No regrets, says Burt; BoS is ready to go hostile again
Peter Burt, the chief executive of Bank of Scotland, which this year lost out to Royal Bank of Scotland in the battle for National Westminster Bank, said yesterday he would be prepared to go hostile again if the right chance presented itself .
Mr Burt said he believed that consolidation in UK banking was by no means over, although he said there were no obvious acquisition opportunities in the UK at the moment. "I am not attracted by a mortgage bank," he said.
Speaking as the bank unveiled a 14 per cent rise in pre-tax profits to £965m in the year to the end of February, Mr Burt said he did not regret the decision to bid for NatWest.
The figures showed the bank coming under severe domestic interest margin pressure. They failed to excite the City, where Bank of Scotland shares tumbled 57.5p to 587p. Analysts were also concerned at rising bad debt provisions.

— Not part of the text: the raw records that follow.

-- ===== src/Engine.antt =====
-- `Engine` of components/sniffer_core/engine.cpp: the evidence cache, `ingest` and `recent_counts`.
-- A pointer into the cache is its index. `std::sort` may order rules of equal score in any way; the
-- model puts the later one of the list first.
pub mod Score
pub mod Cache
pub mod Emission
pub mod Reach
pub mod Current
pub mod Bounds
pub mod Counts
mod Tests
use surveillance_hound.Common.{
  sub64, u64_mod, ℕ, zero, suc, ◌+◌, ◌-◌, ◌*◌, ◌/◌, ◌%◌, ◌^◌, ◌≤◌, ◌<◌, min, max, pred, ◌≡◌, refl,
  sym, ap, ap₂, subst, ◌∙◌, ◌≢◌, ◌↔◌, ◌⊎◌, inl, inr, Bool, true, false, not, ◌&&◌, ◌||◌, Option,
  none, some, List, [], ◌∷◌, ◌++◌, map, arith, ltb, leb, ◌==◌, if◌then◌else◌, bool_eq, to_bit,
  Bool-cases, Option-cases, get_or, set, take, length, replicate, find_index, min_index, list_eq,
  test_bit, u32_mod,
}
use surveillance_hound.Common.Int.{ℤ, ◌+ℤ◌, min_ℤ, max_ℤ}
use surveillance_hound.Core.{
  Observation, Rule, Detection, blank_detection, Settings, SamsungState, unavailable,
  no_samsung_tag, samsung_identity, samsung_valid, samsung_state_eq, radio_eq, ble, behavior,
}
use surveillance_hound.Core.Category.{category_count, samsung_tag}
use surveillance_hound.Signatures.{matches, group, cap, kind_eq}
use surveillance_hound.Behavior.{Burst, AccessPoint, no_bursts, no_aps, behaves, remember_ap}

pub record Evidence : Type 0 where
  pub rule : Option Rule
  pub at : ℕ

abbrev pub blank_evidence : Evidence
blank_evidence = record { rule = none; at = 0 }

abbrev pub evidence_group_count : ℕ
evidence_group_count = 9

abbrev pub no_evidence : List Evidence
no_evidence = replicate evidence_group_count blank_evidence

pub record Entry : Type 0 where
  pub detection : Detection
  pub emitted : ℕ
  pub emitted_samsung_state : SamsungState
  pub evidence : List Evidence

-- Entry{}
abbrev pub blank_entry : Entry
blank_entry = record {
  detection = blank_detection;
  emitted = 0;
  emitted_samsung_state = unavailable;
  evidence = no_evidence;
}

pub record Engine : Type 0 where
  pub rules : List Rule
  pub cache : List Entry
  pub bursts : List Burst
  pub aps : List AccessPoint
  pub next_emit : ℕ

-- Engine(rules)
abbrev pub new_engine : List Rule → Engine
new_engine rules = record {
  rules = rules;
  cache = replicate 128 blank_entry;
  bursts = no_bursts;
  aps = no_aps;
  next_emit = 0;
}

abbrev pub Touched : Type 0
Touched = List (Option ℕ)

abbrev pub untouched : Touched
untouched = replicate category_count none

-- The identity test of the cache: an exact Samsung broadcast id, otherwise the address and its type.
unfoldable pub same_identity : Observation → Detection → Bool
same_identity o d =
    if samsung_identity d && samsung_valid o.samsung
    then list_eq d.samsung.id o.samsung.id
    else list_eq d.address o.address && (d.address_type == o.address_type)

unfoldable pub holds : Rule → Observation → Entry → Bool
unfolding same_identity
holds rule o e =
    not (e.detection.seen_count == 0)
    && same_identity o e.detection
    && (e.detection.category == rule.category)
    && radio_eq e.detection.radio o.radio

-- A slot for a new identity: the first unused one, or the one that was seen first.
unfoldable pub free_entry : List Entry → Option ℕ → ℕ
free_entry cache (some i) = i
free_entry cache none = min_index (λ e. e.detection.last_ms) cache

unfoldable pub first_entry : Rule → Observation → Entry
first_entry rule o = record blank_entry {
  detection = record blank_detection {
    category = rule.category;
    radio = o.radio;
    address = o.address;
    address_type = o.address_type;
    first_ms = o.ms;
    rssi_min = o.rssi;
    rssi_max = o.rssi;
  };
}

-- The entry of the observation's identity for the rule's category, and where it is kept.
unfoldable pub locate : List Entry → Rule → Observation → Option ℕ → ℕ × Entry
unfolding free_entry first_entry
locate cache rule o (some i) = (i, get_or cache i blank_entry)
locate cache rule o none =
    (free_entry cache (find_index (λ e. e.detection.seen_count == 0) cache), first_entry rule o)

-- One more sighting: evidence that is older than 30 seconds is dropped, or all of it when the clock
-- went back.
unfoldable pub see : Observation → Entry → Entry
see o e =
    let d = e.detection in
    let counted = not (d.seen_count == 2 ^ 32 - 1) in
    record e {
      evidence =
          if ltb o.ms d.last_ms || ltb 30000 (o.ms - d.last_ms) then no_evidence else e.evidence;
      detection = record d {
        last_ms = o.ms;
        address = o.address;
        address_type = o.address_type;
        samsung =
            if (d.category == samsung_tag) && radio_eq o.radio ble
            then o.samsung
            else no_samsung_tag;
        channel = o.channel;
        rssi_min = min_ℤ d.rssi_min o.rssi;
        rssi_max = max_ℤ d.rssi_max o.rssi;
        seen_count = if counted then d.seen_count + 1 else d.seen_count;
        rssi_sum = if counted then d.rssi_sum +ℤ o.rssi else d.rssi_sum;
      };
    }

-- uint32_t(o.ms) - ev.at
abbrev pub age : ℕ → Evidence → ℕ
age ms ev = (ms % u32_mod + (u32_mod - ev.at)) % u32_mod

unfoldable pub overrides : Rule → ℕ → Evidence → Option Rule → Bool
overrides rule ms ev none = true
overrides rule ms ev (some r) = ltb 30000 (age ms ev) || leb r.score rule.score

-- The rule replaces the evidence of its group unless that is stronger and at most 30 seconds old.
unfoldable pub credit : Rule → Observation → Entry → Entry
unfolding group overrides
credit rule o e =
    let ev = get_or e.evidence (group rule.kind) blank_evidence in
    if overrides rule o.ms ev ev.rule
    then record e {
      evidence =
          set e.evidence (group rule.kind) (record { rule = some rule; at = o.ms % u32_mod });
    }
    else e

-- The entry that this observation already touched for the category, otherwise one that is seen now.
unfoldable pub touch : List Entry → Rule → Observation → Option ℕ → ℕ × Entry
unfolding holds locate see
touch cache rule o (some i) = (i, get_or cache i blank_entry)
touch cache rule o none =
    let (i, e) = locate cache rule o (find_index (holds rule o) cache) in (i, see o e)

-- A rule that matches.
unfoldable pub apply_hit : Observation → Rule → Engine × Touched → Engine × Touched
unfolding touch credit
apply_hit o rule (g, touched) =
    let (i, e) = touch g.cache rule o (get_or touched rule.category none) in
    (record g { cache = set g.cache i (credit rule o e) }, set touched rule.category (some i))

-- Whether a rule matches; a behaviour rule changes the bursts.
unfoldable pub probe : Engine → Rule → Observation → Engine × Bool
unfolding behaves matches
probe g rule o =
    if kind_eq rule.kind behavior
    then (
      record g { bursts = (behaves g.bursts g.aps rule o).0 },
      (behaves g.bursts g.aps rule o).1,
    )
    else (g, matches rule o)

unfoldable pub apply_rule : Observation → Settings → Rule → Engine × Touched → Engine × Touched
unfolding probe apply_hit
apply_rule o s rule (g, touched) =
    if not (test_bit s.enabled_categories rule.category)
    then (g, touched)
    else if (probe g rule o).1
    then apply_hit o rule ((probe g rule o).0, touched)
    else ((probe g rule o).0, touched)

unfoldable pub apply_rules :
    Observation → Settings → List Rule → Engine × Touched → Engine × Touched
unfolding apply_rule
apply_rules o s [] st = st
apply_rules o s (rule ∷ rules) st = apply_rules o s rules (apply_rule o s rule st)

unfoldable pub listed : Option Rule → List Rule → List Rule
listed none rest = rest
listed (some r) rest = r ∷ rest

-- The rules of the evidence that is at most 30 seconds old.
unfoldable pub active_rules : ℕ → List Evidence → List Rule
unfolding listed
active_rules ms [] = []
active_rules ms (ev ∷ evs) =
    let rest = active_rules ms evs in if leb (age ms ev) 30000 then listed ev.rule rest else rest

-- What a rule is worth for an observation.
abbrev pub worth : Observation → Rule → ℕ
worth o r = min r.score (cap r o)

-- std::sort, the strongest first.
unfoldable pub insert_rule : Observation → Rule → List Rule → List Rule
insert_rule o r [] = r ∷ []
insert_rule o r (x ∷ xs) =
    let rest = insert_rule o r xs in if ltb (worth o x) (worth o r) then r ∷ x ∷ xs else x ∷ rest

unfoldable pub sort_rules : Observation → List Rule → List Rule
unfolding insert_rule
sort_rules o [] = []
sort_rules o (r ∷ rs) = insert_rule o r (sort_rules o rs)

pub record Tally : Type 0 where
  pub score : ℕ
  pub ceiling : ℕ
  pub strongest_specific : Bool

-- Tally i: the strongest rule counts in full; the second adds a quarter if both are specific.
unfoldable pub tally_rule : Observation → ℕ → Rule → Tally → Tally
tally_rule o i r t =
    let ceiling = max t.ceiling (cap r o) in
    if i == 0
    then record { score = worth o r; ceiling = ceiling; strongest_specific = not r.generic }
    else if (i == 1) && t.strongest_specific && not r.generic
    then record t { score = t.score + worth o r / 4; ceiling = ceiling }
    else record t { ceiling = ceiling }

unfoldable pub tally : Observation → ℕ → List Rule → Tally → Tally
unfolding tally_rule
tally o i [] t = t
tally o i (r ∷ rs) t = tally o (suc i) rs (tally_rule o i r t)

abbrev pub no_tally : Tally
no_tally = record { score = 0; ceiling = 0; strongest_specific = false }

-- The score of the sorted active rules.
unfoldable pub total_score : Observation → List Rule → ℕ
unfolding tally
total_score o rs =
    let t = tally o 0 rs no_tally in
    let score = min t.score t.ceiling in
    if o.contradiction then if ltb 20 score then score - 20 else 1 else score

unfoldable pub listed_rules : ℕ → List Rule → List (Option Rule)
listed_rules zero rs = []
listed_rules (suc n) [] = none ∷ listed_rules n []
listed_rules (suc n) (r ∷ rs) = some r ∷ listed_rules n rs

-- The detection's score and rules from its evidence.
unfoldable pub rescore : Observation → Entry → Entry
unfolding active_rules sort_rules total_score listed_rules
rescore o e =
    let active = sort_rules o (active_rules o.ms e.evidence) in
    record e {
      detection = record e.detection {
        rule_count = min (length active) 4;
        rules = listed_rules 4 active;
        score = total_score o active;
      };
    }

unfoldable pub level : ℕ → ℕ
level score = if leb 80 score then 3 else if leb 50 score then 2 else if leb 20 score then 1 else 0

-- A first emission, half a minute since the last one (the difference wraps around), a changed tag state, or a higher level.
unfoldable pub due : ℕ → ℕ → Entry → Bool
unfolding level
due ms old_score e =
    (e.emitted == 0)
    || leb 30000 (sub64 ms e.emitted)
    || not (samsung_state_eq e.detection.samsung.state e.emitted_samsung_state)
    || ltb (level old_score) (level e.detection.score)

-- What the end of `ingest` does with one touched entry; `out` holds at most `room` detections.
unfoldable pub settle : Observation → ℕ → ℕ → Engine × List Detection → Engine × List Detection
unfolding rescore due
settle o room i (g, out) =
    let old = get_or g.cache i blank_entry in
    let e = rescore o old in
    if due o.ms old.detection.score e && leb g.next_emit o.ms && ltb (length out) room
    then (
      record g {
        cache =
            set g.cache i (record e {
              emitted = max 1 o.ms;
              emitted_samsung_state = e.detection.samsung.state;
            });
        next_emit = (o.ms + 100) % u64_mod;
      },
      out ++ (e.detection ∷ []),
    )
    else (record g { cache = set g.cache i e }, out)

unfoldable pub settle_all :
    Observation → ℕ → Touched → Engine × List Detection → Engine × List Detection
unfolding settle
settle_all o room [] st = st
settle_all o room (none ∷ touched) st = settle_all o room touched st
settle_all o room (some i ∷ touched) st = settle_all o room touched (settle o room i st)

-- The engine afterwards and the detections written to `out`, which has room for `room` of them.
unfoldable pub ingest : Engine → Observation → Settings → ℕ → Engine × List Detection
unfolding apply_rules settle_all remember_ap
ingest g o s room =
    let (ruled, touched) = apply_rules o s g.rules (g, untouched) in
    settle_all o room touched (record ruled { aps = remember_ap ruled.aps o }, [])

unfoldable pub counts_now : ℕ → Settings → Entry → Bool
counts_now now s e =
    let d = e.detection in
    not (d.seen_count == 0)
    && leb 20 d.score
    && leb d.last_ms now
    && leb (now - d.last_ms) 90000
    && test_bit s.enabled_categories d.category

unfoldable pub same_device : Detection → Detection → Bool
same_device d other =
    if samsung_identity d && samsung_identity other
    then list_eq d.samsung.id other.samsung.id
    else list_eq d.address other.address
      && radio_eq d.radio other.radio
      && (d.address_type == other.address_type)

-- Entry j is another active entry of the device of entry i, with detection d, and ranks above it.
unfoldable pub beats : ℕ → Settings → ℕ → Detection → ℕ → Entry → Bool
unfolding counts_now same_device
beats now s i d j e =
    not (i == j)
    && counts_now now s e
    && same_device d e.detection
    && (ltb d.score e.detection.score || ((e.detection.score == d.score) && ltb j i))

-- The inner loop, from slot j.
unfoldable pub outranked : ℕ → Settings → ℕ → Detection → ℕ → List Entry → Bool
unfolding beats
outranked now s i d j [] = false
outranked now s i d j (e ∷ es) = beats now s i d j e || outranked now s i d (suc j) es

-- Entry i is active and the first of its device.
unfoldable pub counted : ℕ → Settings → List Entry → ℕ → Entry → Bool
unfolding counts_now outranked
counted now s cache i e = counts_now now s e && not (outranked now s i e.detection 0 cache)

abbrev pub count_slot : ℕ → ℕ
count_slot score = if leb 80 score then 0 else if leb 50 score then 1 else 2

-- The outer loop, from slot i.
unfoldable pub count_from : ℕ → Settings → List Entry → ℕ → List Entry → List ℕ → List ℕ
unfolding counted
count_from now s cache i [] counts = counts
count_from now s cache i (e ∷ es) counts =
    let slot = count_slot e.detection.score in
    count_from now s cache (suc i) es
      (if counted now s cache i e then set counts slot (get_or counts slot 0 + 1) else counts)

unfoldable pub recent_counts : Engine → ℕ → Settings → List ℕ
unfolding count_from
recent_counts g now s = count_from now s g.cache 0 g.cache (0 ∷ 0 ∷ 0 ∷ [])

Mr Burt said the bid for NatWest had galvanised staff and boosted the image of the bank. The headlines generated resulted in Bank of Scotland winning business from corporate customers which had not known that Bank of Scotland and Royal Bank of Scotland were not the same bank.
"There will be other opportunities. What those opportunities will be, who knows? ... I'd prefer not to go hostile. But the fact that a hostile bid for NatWest succeeded - sadly not ours - is against the conventional wisdom that hostile bids for banks cannot succeed," Mr Burt said.
After the five-month bid battle for the UK clearer, Bank of Scotland has reverted to what it calls Plan A - growing organically and in partnership with other organisations that can bring access to a wider customer base.
The bank also unveiled plans to launch a UK joint venture to provide equity and mezzanine finance for small and medium-sized firms and the private equity market.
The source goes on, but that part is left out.